Data supplied.
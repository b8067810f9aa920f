-- ===== src/Repl/Pusher/Genuine.antt =====
-- What a follower's stream carries (stream.go: HandleStreamWithInitial, sendCatchup).
use mathlib.Core.Path.{subst}
use repository.Base.{◌^◌, ◌<◌, ◌≡◌, refl, ap, sym, List, [], length, All, arith, nat_comparable}
use repository.Base.Int64.{Int64}
use repository.Proto.{LogEntry, Payload, unset, snapshot, entry, PbSnapshot}
use repository.Store.State.{Store}
use repository.Repl.Leader.{Leader, Config, stop}
use repository.Repl.Commit.Prefix.{Holds}
use repository.Repl.Commit.Saved.{Saves, Step-Saves, start-Saves, stop-Saves}
use repository.Repl.Catchup.Numbered.{Numbered, Numbered-append, All-weaken, All-get_elem?}
use repository.Repl.Commit.Run
use repository.Repl.Pusher.Keeps.{push-Keeps}
use repository.Repl.Commit.Prefix.{proposal}
use repository.Repl.Commit.Run.{proposes, gives_up, acks, resets, commits, Step-Holds, Step-length}
use repository.Repl.Follower.Stream.{AreSet}
use repository.Repl.Follower.Runner.Based.{Genuine}
use repository.Repl.Pusher.{
  Source, Pusher, Phase, waiting_first, finished, catching_up, sending, positioning, subscribing,
  idle, checking, fetched, start,
}
use repository.Repl.Pusher.Run.{
  Step, leads, announces, halts, reports, pushes, others, Reach, here, next, source, Step-longer,
}
use repository.Repl.Pusher.Sends.{Queued, Pushes, push-Pushes}

record Sound (clock : Int64 → Int64) (f : Store → PbSnapshot) (w : Source) (entries : List LogEntry)
    (p : Pusher) : Type 0 where
  holds : Holds clock w.leader entries
  saves : Saves clock f w.leader entries
  sent : All (Numbered clock f entries) p.sent
  queued : Queued clock f entries p.phase

Step-Numbered :
    (clock : Int64 → Int64) (f : Store → PbSnapshot) {l l' : Leader}
    {entries entries' : List LogEntry} (p : Payload)
    → Run.Step clock l entries l' entries'
    → Numbered clock f entries p
    → Numbered clock f entries' p
Step-Numbered clock f {entries = entries} p (proposes op index e grown) h =
    subst (λ es. Numbered clock f es p) (sym grown)
      (Numbered-append clock f (proposal index op) entries p h)
Step-Numbered clock f p (gives_up index e) h = h
Step-Numbered clock f p (acks id index e) h = h
Step-Numbered clock f p (resets id e) h = h
Step-Numbered clock f p (commits signals e) h = h

Numbered-Genuine :
    (clock : Int64 → Int64) (f : Store → PbSnapshot) (entries : List LogEntry) (p : Payload)
    → AreSet entries
    → Numbered clock f entries p
    → Genuine clock f entries p
Numbered-Genuine clock f entries unset set h = h
Numbered-Genuine clock f entries (snapshot snap) set h = h
Numbered-Genuine clock f entries (entry e) set (k, index, there) =
    (k, index, there, All-get_elem? _ entries k e set there)

Queued-weaken :
    (clock : Int64 → Int64) (f : Store → PbSnapshot) (entries entries' : List LogEntry)
    (phase : Phase)
    → ((p : Payload) → Numbered clock f entries p → Numbered clock f entries' p)
    → Queued clock f entries phase
    → Queued clock f entries' phase
Queued-weaken clock f entries entries' waiting_first grow q = tt
Queued-weaken clock f entries entries' finished grow q = tt
Queued-weaken clock f entries entries' (catching_up sub last) grow q = tt
Queued-weaken clock f entries entries' (sending ms rest) grow q = All-weaken grow ms q
Queued-weaken clock f entries entries' (positioning sub) grow q = tt
Queued-weaken clock f entries entries' (subscribing last) grow q = tt
Queued-weaken clock f entries entries' (idle id last) grow q = tt
Queued-weaken clock f entries entries' (checking id last) grow q = tt
Queued-weaken clock f entries entries' (fetched id last li) grow q = tt

stop-Holds :
    (clock : Int64 → Int64) (l : Leader) (entries : List LogEntry)
    → Holds clock l entries
    → Holds clock (stop l) entries
stop-Holds clock l entries h = record {
  few = h.few;
  indexed = h.indexed;
  window = h.window;
  compacted = h.compacted;
  committed = h.committed;
  applied = h.applied;
  state = h.state;
}

-- A step that leaves the messages alone.
Sound-with :
    (clock : Int64 → Int64) (f : Store → PbSnapshot) (w' : Source) (l' : Leader)
    (entries entries' : List LogEntry) (p p' : Pusher)
    → Holds clock l' entries'
    → Saves clock f l' entries'
    → w'.leader ≡ l'
    → entries' ≡ entries
    → p'.sent ≡ p.sent
    → p'.phase ≡ p.phase
    → All (Numbered clock f entries) p.sent
    → Queued clock f entries p.phase
    → Sound clock f w' entries' p'
Sound-with clock f w' l' entries entries' p p' h v at same sent phase s q = record {
  saves = subst (λ l. Saves clock f l entries') (sym at) v;
  holds = subst (λ l. Holds clock l entries') (sym at) h;
  sent = rw (same, sent) s;
  queued = rw (same, phase) q;
}

Step-Sound :
    (clock : Int64 → Int64) (f : Store → PbSnapshot) {w w' : Source}
    {entries entries' : List LogEntry} {p p' : Pusher}
    → Step clock w entries p w' entries' p'
    → length entries' < 2 ^ 50
    → Sound clock f w entries p
    → Sound clock f w' entries' p'
Step-Sound clock f {w} {w'} {entries} {entries'} {p} {p'} (leads l' st same kept) few s =
    let grow = λ (m : Payload). Step-Numbered clock f m st in
    Sound-with clock f w' l' entries' entries' p p' (Step-Holds clock st few s.holds).0
      (Step-Saves clock f st s.holds s.saves) (ap (λ x. x.leader) same) refl (ap (λ x. x.sent) kept)
      (ap (λ x. x.phase) kept) (All-weaken grow p.sent s.sent)
      (Queued-weaken clock f entries entries' p.phase grow s.queued)
Step-Sound clock f {w} {w'} {entries} {entries'} {p} {p'} (announces n e same still kept) few s =
    Sound-with clock f w' w.leader entries entries' p p'
      (subst (Holds clock w.leader) (sym still) s.holds)
      (subst (Saves clock f w.leader) (sym still) s.saves) (ap (λ x. x.leader) same) still
      (ap (λ x. x.sent) kept) (ap (λ x. x.phase) kept) s.sent s.queued
Step-Sound clock f {w} {w'} {entries} {entries'} {p} {p'} (halts same still kept) few s =
    Sound-with clock f w' (stop w.leader) entries entries' p p'
      (subst (Holds clock (stop w.leader)) (sym still) (stop-Holds clock w.leader entries s.holds))
      (subst (Saves clock f (stop w.leader)) (sym still)
        (stop-Saves clock f w.leader entries s.saves))
      (ap (λ x. x.leader) same) still (ap (λ x. x.sent) kept) (ap (λ x. x.phase) kept) s.sent
      s.queued
Step-Sound clock f {w} {w'} {entries} {entries'} {p} {p'} (reports index same still kept) few s =
    Sound-with clock f w' w.leader entries entries' p p'
      (subst (Holds clock w.leader) (sym still) s.holds)
      (subst (Saves clock f w.leader) (sym still) s.saves) (ap (λ x. x.leader) same) still
      (ap (λ x. x.sent) kept) (ap (λ x. x.phase) kept) s.sent s.queued
Step-Sound clock f {w} {w'} {entries} {entries'} {p} {p'} (pushes a room e still) few s =
    let (sent, queued) =
      subst (Pushes clock f w entries) e (
        push-Pushes w entries s.holds s.saves a p.initial p.phase p.rounds p.sent s.sent
          s.queued) in
    Sound-with clock f w' w.leader entries entries' p' p'
      (subst (Holds clock w.leader) (sym still) s.holds)
      (subst (Saves clock f w.leader) (sym still) s.saves) (push-Keeps a w p w' p' room e).leader
      still refl refl sent queued
Step-Sound clock f {w} {w'} {entries} {entries'} {p} {p'} (others a q q' room apart e still kept)
      few s =
    Sound-with clock f w' w.leader entries entries' p p'
      (subst (Holds clock w.leader) (sym still) s.holds)
      (subst (Saves clock f w.leader) (sym still) s.saves) (push-Keeps a w q w' q' room e).leader
      still (ap (λ x. x.sent) kept) (ap (λ x. x.phase) kept) s.sent s.queued

Reach-Sound :
    (clock : Int64 → Int64) (cfg : Config) (f : Store → PbSnapshot) {w : Source}
    {entries : List LogEntry} {p : Pusher}
    → Reach clock (source cfg f) w entries p
    → length entries < 2 ^ 50
    → Sound clock f w entries p
Reach-Sound clock cfg f {w} {entries} {p} (here at none_yet first) few =
    Sound-with clock f w (Run.start cfg f) [] entries start p
      (Run.Reach-Holds clock cfg f (Run.here refl none_yet) few)
      (subst (Saves clock f (Run.start cfg f)) (sym none_yet) (start-Saves clock cfg f))
      (ap (λ x. x.leader) at) none_yet (ap (λ x. x.sent) first) (ap (λ x. x.phase) first) tt tt
Reach-Sound clock cfg f (next r st) few =
    Step-Sound clock f st few (Reach-Sound clock cfg f r (omega (arith, Step-longer clock st, few)))

pub Reach-Holds :
    (clock : Int64 → Int64) (cfg : Config) (f : Store → PbSnapshot) {w : Source}
    {entries : List LogEntry} {p : Pusher}
    → Reach clock (source cfg f) w entries p
    → length entries < 2 ^ 50
    → Holds clock w.leader entries
Reach-Holds clock cfg f r few = (Reach-Sound clock cfg f r few).holds

-- In every run of a leader from its start, beside one follower's stream and any others, whose entries
-- are all set, each message that the stream was sent is an entry of the log under its own index, or the
-- snapshot that the exporter gives for the replay of a first part of the log; none is empty.
pub push-Genuine :
    (clock : Int64 → Int64) (cfg : Config) (f : Store → PbSnapshot) {w : Source}
    {entries : List LogEntry} {p : Pusher}
    → Reach clock (source cfg f) w entries p
    → length entries < 2 ^ 50
    → AreSet entries
    → All (Genuine clock f entries) p.sent
push-Genuine clock cfg f {entries = entries} {p} r few set =
    All-weaken (λ m. Numbered-Genuine clock f entries m set) p.sent
      (Reach-Sound clock cfg f r few).sent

Your assignment. Repeat, word for word, the lines above between the line holding "compacted = h.compacted;" and the line holding "(stop-Saves clock f", inclusive; omit everything else.

Answer area.
  compacted = h.compacted;
  committed = h.committed;
  applied = h.applied;
  state = h.state;
}

-- A step that leaves the messages alone.
Sound-with :
    (clock : Int64 → Int64) (f : Store → PbSnapshot) (w' : Source) (l' : Leader)
    (entries entries' : List LogEntry) (p p' : Pusher)
    → Holds clock l' entries'
    → Saves clock f l' entries'
    → w'.leader ≡ l'
    → entries' ≡ entries
    → p'.sent ≡ p.sent
    → p'.phase ≡ p.phase
    → All (Numbered clock f entries) p.sent
    → Queued clock f entries p.phase
    → Sound clock f w' entries' p'
Sound-with clock f w' l' entries entries' p p' h v at same sent phase s q = record {
  saves = subst (λ l. Saves clock f l entries') (sym at) v;
  holds = subst (λ l. Holds clock l entries') (sym at) h;
  sent = rw (same, sent) s;
  queued = rw (same, phase) q;
}

Step-Sound :
    (clock : Int64 → Int64) (f : Store → PbSnapshot) {w w' : Source}
    {entries entries' : List LogEntry} {p p' : Pusher}
    → Step clock w entries p w' entries' p'
    → length entries' < 2 ^ 50
    → Sound clock f w entries p
    → Sound clock f w' entries' p'
Step-Sound clock f {w} {w'} {entries} {entries'} {p} {p'} (leads l' st same kept) few s =
    let grow = λ (m : Payload). Step-Numbered clock f m st in
    Sound-with clock f w' l' entries' entries' p p' (Step-Holds clock st few s.holds).0
      (Step-Saves clock f st s.holds s.saves) (ap (λ x. x.leader) same) refl (ap (λ x. x.sent) kept)
      (ap (λ x. x.phase) kept) (All-weaken grow p.sent s.sent)
      (Queued-weaken clock f entries entries' p.phase grow s.queued)
Step-Sound clock f {w} {w'} {entries} {entries'} {p} {p'} (announces n e same still kept) few s =
    Sound-with clock f w' w.leader entries entries' p p'
      (subst (Holds clock w.leader) (sym still) s.holds)
      (subst (Saves clock f w.leader) (sym still) s.saves) (ap (λ x. x.leader) same) still
      (ap (λ x. x.sent) kept) (ap (λ x. x.phase) kept) s.sent s.queued
Step-Sound clock f {w} {w'} {entries} {entries'} {p} {p'} (halts same still kept) few s =
    Sound-with clock f w' (stop w.leader) entries entries' p p'
      (subst (Holds clock (stop w.leader)) (sym still) (stop-Holds clock w.leader entries s.holds))
      (subst (Saves clock f (stop w.leader)) (sym still)
        (stop-Saves clock f w.leader entries s.saves))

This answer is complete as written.